When we're first introduced to Harkin and the quite captivating Sunny there is a decent set-up of this mismatched couple, but they hop into bed so quickly and casually any 'will they/won't they' tension is thrown away. Indeed, any notion of a 'rocky romance' storyline between the pair – with the injection of Sylvia into the equation – is almost entirely discarded once the ski competition begins. Sunny leaves in a huff, having found Harkin bonking Sylvia in a hot-tub (there's a suggestion Sylvia drugged Harkin, but again this is ignored by the narrative), only for Sunny to then immediately decide to stay and try to learn how to ski … because why? To get Harkin back? Fine, but so little time is afforded to the characters' motivations and goals that the viewer receives no real settlement to the trials and tribulations of the Harkin/Sunny/Sylvia/Rudi relationship machinations.

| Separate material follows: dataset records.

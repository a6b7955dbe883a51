-- ===== src/DnsCache/Key/Distinct.antt =====
-- Queries with one key ask the same.
use dimsum.Prelude.{
  ℕ, ◌+◌, ◌-◌, ◌/◌, ◌%◌, ◌^◌, ◌<◌, ◌≡◌, refl, sym, ap, ◌∙◌, ◌⊎◌, inl, inr, Bool, false, some, List,
  [], ◌∷◌, ◌++◌, arith, if◌then◌else◌, Bool-cases, length, drop, replicate, append_injective,
}
use dimsum.Prelude.Bytes.{byte}
use dimsum.DnsWire.Message.{Message}
use dimsum.DnsWire.Template.{bytes16, bytes32}
use dimsum.DnsCache.Key.{Key, bytes64, checking_disabled, key_head, new_key}

bytes16_injective : (a b : ℕ) → a < 2 ^ 16 → b < 2 ^ 16 → bytes16 a ≡ bytes16 b → a ≡ b
bytes16_injective a b h k e =
    let p = ap (λ l. byte l 0) e in let q = ap (λ l. byte l 1) e in omega (arith, p, q)

bytes32_injective : (a b : ℕ) → a < 2 ^ 32 → b < 2 ^ 32 → bytes32 a ≡ bytes32 b → a ≡ b
bytes32_injective a b h k e =
    let p = ap (λ l. byte l 0) e in
    let q = ap (λ l. byte l 1) e in
    let r = ap (λ l. byte l 2) e in let s = ap (λ l. byte l 3) e in omega (arith, p, q, r, s)

bytes64_injective : (a b : ℕ) → a < 2 ^ 64 → b < 2 ^ 64 → bytes64 a ≡ bytes64 b → a ≡ b
bytes64_injective a b h k e =
    let r =
      append_injective (bytes32 (a / 2 ^ 32 % 2 ^ 32)) (bytes32 (b / 2 ^ 32 % 2 ^ 32))
        (bytes32 (a % 2 ^ 32)) (bytes32 (b % 2 ^ 32)) refl e in
    let hi =
      bytes32_injective (a / 2 ^ 32 % 2 ^ 32) (b / 2 ^ 32 % 2 ^ 32) (omega arith) (omega arith)
        (r.0) in
    let lo = bytes32_injective (a % 2 ^ 32) (b % 2 ^ 32) (omega arith) (omega arith) (r.1) in
    omega (arith, hi, lo)

-- The widths of a parsed message's fields.
pub record IsParsed (m : Message) : Type 0 where
  pub qtype : m.question.qtype < 2 ^ 16
  pub qclass : m.question.qclass < 2 ^ 16
  pub udp_size : m.edns.udp_size < 2 ^ 16
  pub canonical : length m.question.name.canonical ≡ length m.question.name.wire

-- What the key holds of a query.
pub record SameQuery (m m' : Message) : Type 0 where
  pub name : m.question.name.canonical ≡ m'.question.name.canonical
  pub qtype : m.question.qtype ≡ m'.question.qtype
  pub qclass : m.question.qclass ≡ m'.question.qclass
  pub present : m.edns.present ≡ m'.edns.present
  pub dnssec_ok : m.edns.dnssec_ok ≡ m'.edns.dnssec_ok
  pub checking : checking_disabled m.question.header ≡ checking_disabled m'.question.header
  pub udp_size : (m.edns.present ≡ false) ⊎ (m.edns.udp_size ≡ m'.edns.udp_size)

variant_bits :
    (a b c a' b' c' : Bool)
    → (if a then 1 else 0) + (if b then 2 else 0) + (if c then 4 else 0)
      ≡ (if a' then 1 else 0) + (if b' then 2 else 0) + (if c' then 4 else 0)
    → (a ≡ a') × (b ≡ b') × (c ≡ c')
variant_bits a b c a' b' c' e = (ground arith, ground arith, ground arith)

-- The parts of a key.
new_key_parts :
    (m : Message) (space generation features : ℕ) (k : Key)
    → new_key m space generation features ≡ some k
    → (k.bytes
        ≡ key_head m space generation features
          ++ (m.question.name.canonical ++ replicate (257 - length m.question.name.canonical) 0))
      × (k.size ≡ 31 + length m.question.name.wire)
unfolding new_key
new_key_parts m space generation features k e = (ground arith, ground arith)

-- The bytes behind the variant: the UDP size of an EDNS query.
abbrev udp_bytes : Message → List ℕ
udp_bytes m = if m.edns.present then bytes16 m.edns.udp_size else 0 ∷ 0 ∷ []

length-udp_bytes : (m : Message) → length (udp_bytes m) ≡ 2
length-udp_bytes m = elim (Bool-cases m.edns.present) [ inl e ↦ rw e refl | inr e ↦ rw e refl ]

length-key_head : (m : Message) (a b c : ℕ) → length (key_head m a b c) ≡ 31
length-key_head m a b c = omega (arith, length-udp_bytes m)

same_udp :
    (m m' : Message)
    → IsParsed m
    → IsParsed m'
    → m.edns.present ≡ m'.edns.present
    → udp_bytes m ≡ udp_bytes m'
    → (m.edns.present ≡ false) ⊎ (m.edns.udp_size ≡ m'.edns.udp_size)
same_udp m m' w w' p e = elim (Bool-cases m.edns.present) [
  | inr f ↦ inl f
  | inl t ↦
      let a : udp_bytes m ≡ bytes16 m.edns.udp_size = rw t refl in
      let b : udp_bytes m' ≡ bytes16 m'.edns.udp_size = rw (sym p ∙ t) refl in
      inr
        (bytes16_injective m.edns.udp_size m'.edns.udp_size w.udp_size w'.udp_size (sym a ∙ e ∙ b))
]

-- Two queries that have the same key in the same cache are in the same namespace, of the same policy
-- generation and with the same features, and ask the same: the name up to case, the type and the
-- class, whether EDNS, its DNSSEC bit and checking are on, and the UDP size where EDNS is present.
-- The messages have the widths of parsed ones, and the three numbers fit 64 bits.
pub new_key-SameQuery :
    (m m' : Message) (space space' generation generation' features features' : ℕ) (k : Key)
    → IsParsed m
    → IsParsed m'
    → (space < 2 ^ 64) × (generation < 2 ^ 64) × (features < 2 ^ 64)
    → (space' < 2 ^ 64) × (generation' < 2 ^ 64) × (features' < 2 ^ 64)
    → new_key m space generation features ≡ some k
    → new_key m' space' generation' features' ≡ some k
    → SameQuery m m' × (space ≡ space') × (generation ≡ generation') × (features ≡ features')
new_key-SameQuery m m' a a' b b' c c' k w w' lt lt' e e' =
    let p = new_key_parts m a b c k e in
    let p' = new_key_parts m' a' b' c' k e' in
    let h = key_head m a b c in
    let h' = key_head m' a' b' c' in
    let whole =
      append_injective h h' _ _ (length-key_head m a b c ∙ sym (length-key_head m' a' b' c'))
        (sym p.0 ∙ p'.0) in
    let names =
      append_injective m.question.name.canonical m'.question.name.canonical _ _
        (omega (arith, w.canonical, w'.canonical, p.1, p'.1)) (whole.1) in
    let one = append_injective (bytes64 a) (bytes64 a') _ _ refl (whole.0) in
    let two = append_injective (bytes64 b) (bytes64 b') _ _ refl (one.1) in
    let three = append_injective (bytes64 c) (bytes64 c') _ _ refl (two.1) in
    let four =
      append_injective (bytes16 m.question.qtype) (bytes16 m'.question.qtype) _ _ refl (three.1) in
    let five =
      append_injective (bytes16 m.question.qclass) (bytes16 m'.question.qclass) _ _ refl (four.1) in
    let bits =
      variant_bits m.edns.present m.edns.dnssec_ok (checking_disabled m.question.header)
        m'.edns.present m'.edns.dnssec_ok (checking_disabled m'.question.header)
        (ap (λ l. byte l 0) (five.1)) in
    (
      record {
        name = names.0;
        qtype = bytes16_injective m.question.qtype m'.question.qtype w.qtype w'.qtype (four.0);
        qclass = bytes16_injective m.question.qclass m'.question.qclass w.qclass w'.qclass (five.0);
        present = bits.0;
        dnssec_ok = bits.1;
        checking = bits.2;
        udp_size = same_udp m m' w w' (bits.0) (ap (drop 1) (five.1));
      },
      bytes64_injective a a' (lt.0) (lt'.0) (one.0),
      bytes64_injective b b' (lt.1) (lt'.1) (two.0),
      bytes64_injective c c' (lt.2) (lt'.2) (three.0),
    )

Indeed, it's hard to come by resolution to any of the myriad plot lines that are introduced – such as the possibility of a corrupted competition, Sunny's possible drug dependency, or Dan's squandered talent. As a result, any sense of conflict is left feeling dry with the actual ski competition lacking any real personal stakes for those involved. The closest you get is a vague sense of flag-waving pride come the finale, which is sort of like Rollerball meets the Winter Olympics.

“What the fuck is Chinese Downhill?” It should be noted, however, that the film does successfully exploit its ski lodge setting, particularly through the use of professional skiers, who gift the film's copious ski sequences with impressive feats of technical prowess and daring stunts. These sequences are well shot, with the climactic battle doing a good job of keeping the viewer 'in the action', but come the second half of the movie it's as if almost everything else is tossed aside in favour of skiing.

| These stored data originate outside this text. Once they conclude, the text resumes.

-- ===== src/DnsCache/Put.antt =====
-- internal/dnscache/cache.go: `put`. A slice of the arena is taken by `span`: the blobs of the slots
-- are inside the arena.
pub mod Target
pub mod Sound
use dimsum.Prelude.{
  ℕ, zero, suc, ◌+◌, ◌*◌, ◌/◌, ◌%◌, Bool, true, false, ◌&&◌, ◌||◌, not, Option, none, some, List,
  [], ◌++◌, ltb, ◌==◌, if◌then◌else◌, length, set, get_or, take, Result, ok, err, panic, stuck,
  ◌>>=◌, ◌>>◌,
}
use dimsum.Prelude.Bytes.{span, bytes_eq}
use dimsum.DnsWire.Errors
use dimsum.DnsWire.Errors.{WireError}
use dimsum.DnsWire.Message.{Message, scan_message}
use dimsum.DnsWire.Template.{Template, prepare_template}
use dimsum.DnsCache.Arena.{ways, Slot, Shard, slot_at, no_slot, bucket, remove}
use dimsum.DnsCache.Store.{make_room}
use dimsum.DnsCache.Key.{Key, is_valid, matches_question}

abbrev pub max_message : ℕ
max_message = 16_384

pub record Cache : Type 0 where
  pub shards : List Shard
  pub max_negative : ℕ

abbrev pub no_shard : Shard
no_shard = record {
  slots = [];
  arena = [];
  used = [];
  hand = 0;
  cursor = 0;
  entries = 0;
  occupied = 0;
  evictions = 0;
}

abbrev pub shard_at : Cache → ℕ → Shard
shard_at c i = get_or c.shards i no_shard

-- The bytes of the key that a slot holds.
abbrev pub stored_key : Shard → Slot → List ℕ
stored_key s x = span s.arena x.offset (x.offset + x.key_len)

-- The slot holds an entry for the key.
unfoldable pub holds_key : Shard → Slot → Key → ℕ → Bool
holds_key s x k hash =
    not (x.allocated == 0)
    && x.hash == hash
    && x.key_len == k.size
    && bytes_eq (stored_key s x) (take k.size k.bytes)

-- The first loop of `put` over the `rounds` slots from `i` on: an entry for the key is removed, and
-- otherwise the last empty slot is the target.
unfoldable pub find_target : ℕ → Shard → ℕ → Key → ℕ → Option ℕ → Shard × Option ℕ
find_target zero s i k hash target = (s, target)
find_target (suc rounds) s i k hash target = elim ((slot_at s i).allocated == 0) [
  | true ↦ find_target rounds s (i + 1) k hash (some i)
  | false ↦ elim (holds_key s (slot_at s i) k hash) [
    | true ↦ (remove s i, some i)
    | false ↦ find_target rounds s (i + 1) k hash target
  ]
]

-- The second chance within the bucket, for the `rounds` that are left.
unfoldable pub clear_way : ℕ → Shard → ℕ → Shard × Option ℕ
clear_way zero s first = (s, none)
clear_way (suc rounds) s first =
    let i = first + s.hand % ways in
    let s' : Shard = record s { hand = (s.hand + 1) % length s.slots } in
    let x = slot_at s i in
    elim x.referenced [
      | true ↦
          clear_way rounds (record s' { slots = set s.slots i (record x { referenced = false }) })
            first
      | false ↦ let r = remove s' i in (record r { evictions = r.evictions + 1 }, some i)
    ]

unfoldable pub choose_target : Shard → ℕ → Key → ℕ → Shard × Option ℕ
choose_target s first k hash =
    let found = find_target ways s first k hash none in
    elim (found.1) [ some i ↦ found | none ↦ clear_way (2 * ways) (found.0) first ]

-- The slot of a template, before its blob has a place.
abbrev pub new_entry : Key → ℕ → ℕ → ℕ → Template → Slot
new_entry k hash now size info = record {
  hash = hash;
  inserted = now;
  offset = 0;
  allocated = 0;
  lifetime = info.lifetime;
  key_len = k.size;
  message_len = size;
  patches = info.patches;
  referenced = true;
  negative = info.negative;
}

-- What a slot stores: the key, the response and its patches.
abbrev pub put_blob : Key → List ℕ → List ℕ → List ℕ
put_blob k response table = take k.size k.bytes ++ (response ++ table)

-- `put` on its shard; index -1 is written where there is no target, and panics.
unfoldable pub put_shard :
    Shard → ℕ → Key → List ℕ → Template → List ℕ → ℕ → ℕ → Result WireError (Shard × Bool)
put_shard s first k response info table now hash =
    let blob = put_blob k response table in
    if ltb (length s.arena) (length blob)
    then ok (s, false)
    else (let chosen = choose_target s first k hash in
        elim (chosen.1) [
          | none ↦ panic
          | some target ↦
              elim (make_room ((chosen.0).entries + 1) (chosen.0) target blob
                (new_entry k hash now (length response) info)) [ some r ↦ ok r | none ↦ stuck ]
        ])

-- An error of a callee is a refusal.
abbrev pub attempt {ℓ} : {A : Type ℓ} → Result WireError A → Result WireError (Option A)
attempt (ok a) = ok (some a)
attempt (err e) = ok none
attempt panic = panic
attempt stuck = stuck

-- The room for patches in `put`.
abbrev pub table_room : ℕ
table_room = max_message / 11 * 8

unfoldable pub put : Cache → Key → List ℕ → ℕ → ℕ → Result WireError (Cache × Bool)
put c k response now hash =
    let n = length c.shards in
    let s = shard_at c (hash % n) in
    if not (is_valid k) || ltb max_message (length response) then ok (c, false) else (do
      scanned ← attempt (scan_message response)
      elim scanned [
        | none ↦ ok (c, false)
        | some m ↦ if not (matches_question k m) then ok (c, false) else (do
          prepared ← attempt (prepare_template response table_room c.max_negative)
          elim prepared [
            | none ↦ ok (c, false)
            | some (info, table) ↦ do
              (s', stored) ← put_shard s (bucket s (hash / n)) k response info table now hash
              ok (record c { shards = set c.shards (hash % n) s' }, stored)
          ])
      ])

“I suppose a fuck's out of the question, huh?” One of the key things about exploitation movies is this: they're honest about what they are – and Hot Dog … The Movie! isn't shy about admitting it's a '1980s raunch-com', a 'destination T&A' flick if you will. Flingin' a whole slew of bared flesh at the viewer early on – including an exhibitionist motel manager and the pre-requisite sex scenes – the movie inevitably stumbles into iffy territory, especially in the context of today's climate. A trip to the local booze joint rapidly turns into a wet t-shirt competition for a braying audience, whose somewhat barbarian eagerness curiously taints the otherwise gleeful abandon exhibited, when everyone whips off each others' tops amidst spraying geysers of frothy beer.

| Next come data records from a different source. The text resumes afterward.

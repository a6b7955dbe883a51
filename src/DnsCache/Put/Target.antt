-- ===== src/DnsCache/Put/Target.antt =====
-- The slot that `put` empties for an entry.
use dimsum.Prelude.{
  ℕ, zero, suc, ◌+◌, ◌*◌, ◌%◌, ◌≤◌, ◌<◌, ◌≡◌, refl, sym, ap, ◌∙◌, subst, inl, inr, true, false,
  Option, none, some, List, [], ◌∷◌, map, arith, ◌==◌, if◌then◌else◌, Bool-cases, length, set,
  get_or, take, drop, length-set, sum-map-set, take-set_lt, drop-set, get_or-take, get_or-drop,
  length-take, length-drop, sum,
}
use dimsum.DnsCache.Arena.{ways, Slot, Shard, slot_at, no_slot, remove}
use dimsum.DnsCache.Arena.Blocks.{length-set_range}
use dimsum.DnsCache.Arena.Sound.{IsSound, remove-IsSound, remove-live, slot_at-freed, live_inside}
use dimsum.DnsCache.Arena.Clock.{unflagged, unflagged-IsSound, next_hand, still-IsSound}
use dimsum.DnsCache.Key.{Key}
use dimsum.DnsCache.Put.{holds_key, find_target, clear_way, choose_target}

-- What the search leaves alone.
abbrev pub SameSizes : Shard → Shard → Type 0
SameSizes s t =
    (length t.slots ≡ length s.slots) × (length t.used ≡ length s.used) × (t.arena ≡ s.arena)

-- The shard is sound and its slot `i`, one of the bucket's, is empty.
abbrev pub Emptied : ℕ → Shard → Shard → ℕ → Type 0
Emptied first s t i =
    IsSound t × SameSizes s t × (first ≤ i) × (i < first + ways) × ((slot_at t i).allocated ≡ 0)

remove_lem :
    (s : Shard) (i : ℕ) → SameSizes s (remove s i) × ((slot_at (remove s i) i).allocated ≡ 0)
unfolding remove
remove_lem s i = elim (Bool-cases ((slot_at s i).allocated == 0)) [
  | inl e ↦
      let q : remove s i ≡ s = cc in
      subst (λ t. SameSizes s t × ((slot_at t i).allocated ≡ 0)) (sym q)
        ((refl, refl, refl), ground arith)
  | inr e ↦
      let l : 0 < (slot_at s i).allocated = ground arith in
      let x = slot_at s i in
      subst (λ t. SameSizes s t × ((slot_at t i).allocated ≡ 0)) (sym (remove-live s i l))
        (
          (length-set s.slots i no_slot, length-set_range s.used _ _ false, refl),
          ap (λ y. y.allocated) (slot_at-freed s i (live_inside s i l)),
        )
]

remove-Emptied :
    (first : ℕ) (s : Shard) (i : ℕ)
    → IsSound s
    → first ≤ i
    → i < first + ways
    → Emptied first s (remove s i) i
remove-Emptied first s i h lo hi =
    let r = remove_lem s i in (remove-IsSound s i h, r.0, lo, hi, r.1)

-- A target of the first loop: in the bucket and empty, if there is one.
abbrev Found : ℕ → Shard → Shard × Option ℕ → Type 0
Found first s (t, some i) = Emptied first s t i
Found first s (t, none) = t ≡ s

find_target-Found :
    (rounds : ℕ) (s : Shard) (first i : ℕ) (k : Key) (hash : ℕ) (target : Option ℕ)
    → IsSound s
    → first ≤ i
    → i + rounds ≤ first + ways
    → Found first s (s, target)
    → Found first s (find_target rounds s i k hash target)
unfolding find_target
find_target-Found zero s first i k hash target h lo hi f = f
find_target-Found (suc rounds) s first i k hash target h lo hi f =
    elim (Bool-cases ((slot_at s i).allocated == 0)) [
      | inl e ↦
          let q : find_target (suc rounds) s i k hash target
              ≡ find_target rounds s (i + 1) k hash (some i) =
            cc in
          subst (Found first s) (sym q) (
            find_target-Found rounds s first (i + 1) k hash (some i) h (omega arith) (omega arith)
              (h, (refl, refl, refl), lo, omega arith, ground arith))
      | inr e ↦ elim (Bool-cases (holds_key s (slot_at s i) k hash)) [
        | inl m ↦
            let q : find_target (suc rounds) s i k hash target ≡ (remove s i, some i) = cc in
            subst (Found first s) (sym q) (remove-Emptied first s i h lo (omega arith))
        | inr m ↦
            let q : find_target (suc rounds) s i k hash target
                ≡ find_target rounds s (i + 1) k hash target =
              cc in
            subst (Found first s) (sym q) (
              find_target-Found rounds s first (i + 1) k hash target h (omega arith) (omega arith)
                f)
      ]
    ]

with_hand-IsSound :
    (s : Shard) (hand : ℕ) → IsSound s → hand < length s.slots → IsSound (record s { hand = hand })
with_hand-IsSound s hand h lt = record {
  hand_inside = lt;
  cursor_inside = h.cursor_inside;
  placed = h.placed;
  apart = h.apart;
  owned = h.owned;
  tally = h.tally;
  total = h.total;
}

-- The flags that are set in the bucket.
abbrev flag : Slot → ℕ
flag x = if x.referenced then 1 else 0

abbrev flags_in : Shard → ℕ → ℕ
flags_in s first = sum (map flag (take ways (drop first s.slots)))

flags_le : (xs : List Slot) → sum (map flag xs) ≤ length xs
flags_le [] = omega arith
flags_le (x ∷ xs) = let r = flags_le xs in ground arith

-- Clearing a set flag of the bucket.
cleared_flag :
    (s : Shard) (first r : ℕ) (x : Slot)
    → r < ways
    → first + ways ≤ length s.slots
    → (slot_at s (first + r)).referenced ≡ true
    → x.referenced ≡ false
    → sum (map flag (take ways (drop first (set s.slots (first + r) x)))) + 1 ≡ flags_in s first
cleared_flag s first r x lt fits on off =
    let way = take ways (drop first s.slots) in
    let n : r < length way =
      omega (arith, length-take ways (drop first s.slots), length-drop first s.slots) in
    let e : take ways (drop first (set s.slots (first + r) x)) ≡ set way r x =
      ap (take ways) (drop-set first s.slots r x) ∙ take-set_lt ways (drop first s.slots) r x lt in
    let g : get_or way r no_slot ≡ slot_at s (first + r) =
      get_or-take ways (drop first s.slots) r no_slot lt ∙ get_or-drop first s.slots r no_slot in
    let one : flag (get_or way r no_slot) ≡ 1 = ap flag g ∙ ap (λ b. if b then 1 else 0) on in
    let none_left : flag x ≡ 0 = ap (λ b. if b then 1 else 0) off in
    ap (λ l. sum (map flag l) + 1) e
    ∙ omega (arith, one, none_left, sum-map-set flag way r x no_slot n)

Emptied-same :
    (first : ℕ) (s t u : Shard) (i : ℕ) → SameSizes s t → Emptied first t u i → Emptied first s u i
Emptied-same first s t u i (a, b, c) (h, (d, e, f), lo, hi, z) =
    (h, (d ∙ a, e ∙ b, f ∙ c), lo, hi, z)

-- What the second chance promises.
abbrev pub Chosen : ℕ → Shard → Shard × Option ℕ → Type 0
Chosen first s r = (i : ℕ) × (r.1 ≡ some i) × Emptied first s r.0 i

next_inside : (s : Shard) → IsSound s → (s.hand + 1) % length s.slots < length s.slots
next_inside s h = elim (next_hand (length s.slots) s.hand h.hand_inside) [
  | inl p ↦ omega (arith, p.0, p.1)
  | inr p ↦ omega (arith, p.0, p.1, h.hand_inside)
]

clear_way-Chosen :
    (rounds : ℕ) (s : Shard) (first : ℕ)
    → IsSound s
    → first + ways ≤ length s.slots
    → flags_in s first < rounds
    → Chosen first s (clear_way rounds s first)
unfolding clear_way
clear_way-Chosen zero s first h fits few = absurd (omega arith)
clear_way-Chosen (suc rounds) s first h fits few =
    let r = s.hand % ways in
    let i = first + r in
    let x = slot_at s i in
    let hand = (s.hand + 1) % length s.slots in
    let hand_lt : hand < length s.slots = next_inside s h in
    let s' : Shard = record s { hand = hand } in
    elim (Bool-cases x.referenced) [
      | inl e ↦
          let y : Slot = record x { referenced = false } in
          let t : Shard = record s' { slots = set s.slots i y } in
          let q : clear_way (suc rounds) s first ≡ clear_way rounds t first = cc in
          let n = length-set s.slots i y in
          let at_i =
            unflagged-IsSound (record s { hand = i }) (with_hand-IsSound s i h (omega arith)) in
          let sound : IsSound t =
            with_hand-IsSound (unflagged (record s { hand = i })) hand at_i
              (omega (arith, n, hand_lt)) in
          let f = cleared_flag s first r y (omega arith) fits e refl in
          let w = clear_way-Chosen rounds t first sound (omega (arith, n)) (omega (arith, f)) in
          subst (Chosen first s) (sym q)
            (w.0, w.1, Emptied-same first s t _ (w.0) (n, refl, refl) (w.2))
      | inr e ↦
          let u = remove s' i in
          let v : Shard = record u { evictions = u.evictions + 1 } in
          let q : clear_way (suc rounds) s first ≡ (v, some i) = cc in
          let w =
            remove-Emptied first s' i (with_hand-IsSound s hand h hand_lt) (omega arith)
              (omega arith) in
          subst (Chosen first s) (sym q)
            (i, refl, (still-IsSound u (u.evictions + 1) (w.0), w.1, w.2, w.3, w.4))
    ]

-- `put` always finds a slot of the bucket: it is empty then, and the shard is sound.
pub choose_target-Chosen :
    (s : Shard) (first : ℕ) (k : Key) (hash : ℕ)
    → IsSound s
    → first + ways ≤ length s.slots
    → Chosen first s (choose_target s first k hash)
unfolding choose_target
choose_target-Chosen s first k hash h fits =
    settle (find_target ways s first k hash none)
      (find_target-Found ways s first first k hash none h (omega arith) (omega arith) refl)
  where
    few : flags_in s first < 2 * ways
    few =
        omega
          (arith, flags_le (take ways (drop first s.slots)), length-take ways (drop first s.slots))

    settle :
        (r : Shard × Option ℕ)
        → Found first s r
        → Chosen first s (elim (r.1) [ some i ↦ r | none ↦ clear_way (2 * ways) (r.0) first ])
    settle (t, some i) f = (i, refl, f)
    settle (t, none) f =
        subst (λ t. Chosen first s (clear_way (2 * ways) t first)) (sym f)
          (clear_way-Chosen (2 * ways) s first h fits few)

Similarly odd is the character of Squirrel. Characterised as a bit of a dimwit whose nose is almost always lacquered with bright white sun block, he has absolutely zero game when it comes to women. His crude come-ons are, naturally, utterly ineffective on the ski lodge ladies who all toss their drinks in his face, but then a rather off-colour comment only receives a limp rebuke. And ultimately Squirrel, this inept creepo, is rewarded when a 'snow bunny' throws herself at him on a ski lift. Another draft wouldn't have gone amiss to smooth out these bumps – bumps like a strange line of dialogue which references Sunny's age. When asked how old she is, she states “eighteen, in April” … but there's no clarity as to when this film is set. Is April in the past or the future?

Still, some awkward moments aside, there is little point in seriously criticising a 30-something year-old movie for it's 30-something year-old outlook on life. Today's a-ok is tomorrow's tugged shirt collar, and the vast majority of audience members are quite capable of understanding the space-time continuum of film release dates and the difference between fiction and reality.

“Where the men are men and the sheep are nervous.” Naturally, Hot Dog … The Movie! will hold greater sway over those who saw it during their formative years, those who grew up watching it in the 1980s and 1990s VHS heyday, but it's undeniable that the film squanders all of the potential conflict and narrative intrigue offered up by its roughly sketched characters. If only the film had spent a little less time on the slopes and bit more time further exploring and resolving its various sub-plots, which are invariably abandoned almost as soon as they are introduced, then a more rounded and satisfying film could have won the day.